Was für ein Freischaltcode?
Mehr Kontext ...


----------



## AlterSchwde-3366 (26. November 2020)

Der vom Steam Guard. Der ist nötig, wenn ich mich mit einen neuen PC anmelden will. Ist ein Sicherheitscode, der mir per E-Mail normalerweise zugeschickt wird.


----------



## _Berge_ (27. November 2020)

Da es via Mail verschickt wird hat es nichts mit deinem rechner zu tun

Sicher dass die richtige Mail hinterlegt ist? Postfach ist nicht voll?

Im Spam Ordner nachgeschaut? 

Der Steam Support braucht manchmal etwas länger für eine antwort

Längste was ich Mal warten musste waren 30min


----------



## AlterSchwde-3366 (27. November 2020)

_Berge_ schrieb:


> Da es via Mail verschickt wird hat es nichts mit deinem rechner zu tun
> 
> Sicher dass die richtige Mail hinterlegt ist? Postfach ist nicht voll?
> 
> ...



Liegt wohl an Steam. Und ich habe auch die richtige E-Mail angegeben. Schließlich bekomme ich von denen auch Werbung.









						Steam Guard :: Deutsches Forum
					






					steamcommunity.com


----------



## _Berge_ (27. November 2020)

Seltsam, bleibt wohl wirklich nur warten...


----------



## AlterSchwde-3366 (27. November 2020)

_Berge_ schrieb:


> Seltsam, bleibt wohl wirklich nur warten...
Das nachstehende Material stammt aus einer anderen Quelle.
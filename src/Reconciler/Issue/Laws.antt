-- ===== src/Reconciler/Issue/Laws.antt =====
-- What `writeSecret` leaves in the data of a Secret.
use kmp_issuer.Base.{◌≡◌, refl, ap, ◌∙◌, Bool, true, false, Option, some, if◌then◌else◌, is_nil}
use kmp_issuer.Text.{Bytes, str_eq}
use kmp_issuer.Api.Certificates.{key_store_password_secret_key}
use kmp_issuer.Cluster.Data.{SecretData, lookup_key, set_key, lookup_key-set_key}
use kmp_issuer.Reconciler.Need.{tls_cert_key, tls_private_key_key}
use kmp_issuer.Reconciler.Issue.{Material, filled_data, tls_ca_key}

-- A key of the data that is set where a test holds.
lookup_key-set_if :
    (test : Bool) (j k v : Bytes) (d : SecretData)
    → lookup_key j (if test then set_key k v d else d)
      ≡ (if test then (if str_eq j k then some v else lookup_key j d) else lookup_key j d)
lookup_key-set_if true j k v d = lookup_key-set_key j k v d
lookup_key-set_if false j k v d = refl

lookup_key-set_unless :
    (test : Bool) (j k v : Bytes) (d : SecretData)
    → lookup_key j (if test then d else set_key k v d)
      ≡ (if test then lookup_key j d else if str_eq j k then some v else lookup_key j d)
lookup_key-set_unless true j k v d = refl
lookup_key-set_unless false j k v d = lookup_key-set_key j k v d

-- What stands under a key that is, or is not, each of the four.
abbrev found : Material → Bool → Bool → Bool → Bool → Option Bytes → Option Bytes
found m is_password is_ca is_key is_cert old =
    let pair = if is_key then some m.key_pem else if is_cert then some m.chain_pem else old in
    let with_ca = if is_nil m.ca_pem then pair else if is_ca then some m.ca_pem else pair in
    if m.generated then (if is_password then some m.password else with_ca) else with_ca

lookup_key-found :
    (m : Material) (old : SecretData) (j : Bytes)
    → lookup_key j (filled_data m old)
      ≡ found m
          (str_eq j key_store_password_secret_key)
          (str_eq j tls_ca_key)
          (str_eq j tls_private_key_key)
          (str_eq j tls_cert_key)
          (lookup_key j old)
unfolding filled_data
lookup_key-found m old j =
    lookup_key-set_if m.generated j key_store_password_secret_key m.password _
    ∙ ap
        (λ x.
          if m.generated
          then (if str_eq j key_store_password_secret_key then some m.password else x)
          else x)
        (lookup_key-set_unless (is_nil m.ca_pem) j tls_ca_key m.ca_pem _
          ∙ ap
              (λ x. if is_nil m.ca_pem then x else if str_eq j tls_ca_key then some m.ca_pem else x)
              (lookup_key-set_key j tls_private_key_key m.key_pem
                  (set_key tls_cert_key m.chain_pem old)
                ∙ ap (λ x. if str_eq j tls_private_key_key then some m.key_pem else x)
                    (lookup_key-set_key j tls_cert_key m.chain_pem old)))

either_way : {A : Type 0} (b : Bool) (x : A) → (if b then x else x) ≡ x
either_way true x = refl
either_way false x = refl

-- The data that `writeSecret` leaves under each key: the key of Key Manager Plus, the chain, the CA
-- where the chain has one, the password where it was generated; everything else is as it was, a CA
-- and a password of earlier certificates included.
pub lookup_key-filled_data :
    (m : Material) (old : SecretData)
    → (lookup_key tls_cert_key (filled_data m old) ≡ some m.chain_pem)
      × (lookup_key tls_private_key_key (filled_data m old) ≡ some m.key_pem)
      × (lookup_key tls_ca_key (filled_data m old)
          ≡ (if is_nil m.ca_pem then lookup_key tls_ca_key old else some m.ca_pem))
      × (lookup_key key_store_password_secret_key (filled_data m old)
          ≡ (if m.generated then some m.password else lookup_key key_store_password_secret_key old))
      × ((key : Bytes)
          → str_eq key tls_cert_key ≡ false
          → str_eq key tls_private_key_key ≡ false
          → str_eq key tls_ca_key ≡ false
          → str_eq key key_store_password_secret_key ≡ false
          → lookup_key key (filled_data m old) ≡ lookup_key key old)
unfolding str_eq
lookup_key-filled_data m old = (
  lookup_key-found m old tls_cert_key ∙ either_way m.generated _ ∙ either_way (is_nil m.ca_pem) _,
  lookup_key-found m old tls_private_key_key
      ∙ either_way m.generated _
      ∙ either_way (is_nil m.ca_pem) _,
  lookup_key-found m old tls_ca_key ∙ either_way m.generated _,
  lookup_key-found m old key_store_password_secret_key
      ∙ ap (λ x. if m.generated then some m.password else x)
          (either_way (is_nil m.ca_pem) (lookup_key key_store_password_secret_key old)),
  λ key cert private ca password.
      lookup_key-found m old key
      ∙ rw (cert, private, ca, password)
          (either_way m.generated _ ∙ either_way (is_nil m.ca_pem) _),
)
Leider schon seit Mittwoch. Vielleicht liegt es auch an meinen GMX Provider. Aber vor vielen Jahren habe ich von Steam auch mal einen Code ohne Probleme von denen bekommen.


----------



## _Berge_ (27. November 2020)

wie gesagt Seltsam, habe Steam mit meinem Outlook Account verknüpft und dort hatte ich nur mal diese 30Min Latenz


----------



## AlterSchwde-3366 (27. November 2020)

Ich habe das Problem gelöst, in dem ich meine E-Mail Adresse geändert habe(G-Mail). Wird Zeit GMX zu verlassen....


----------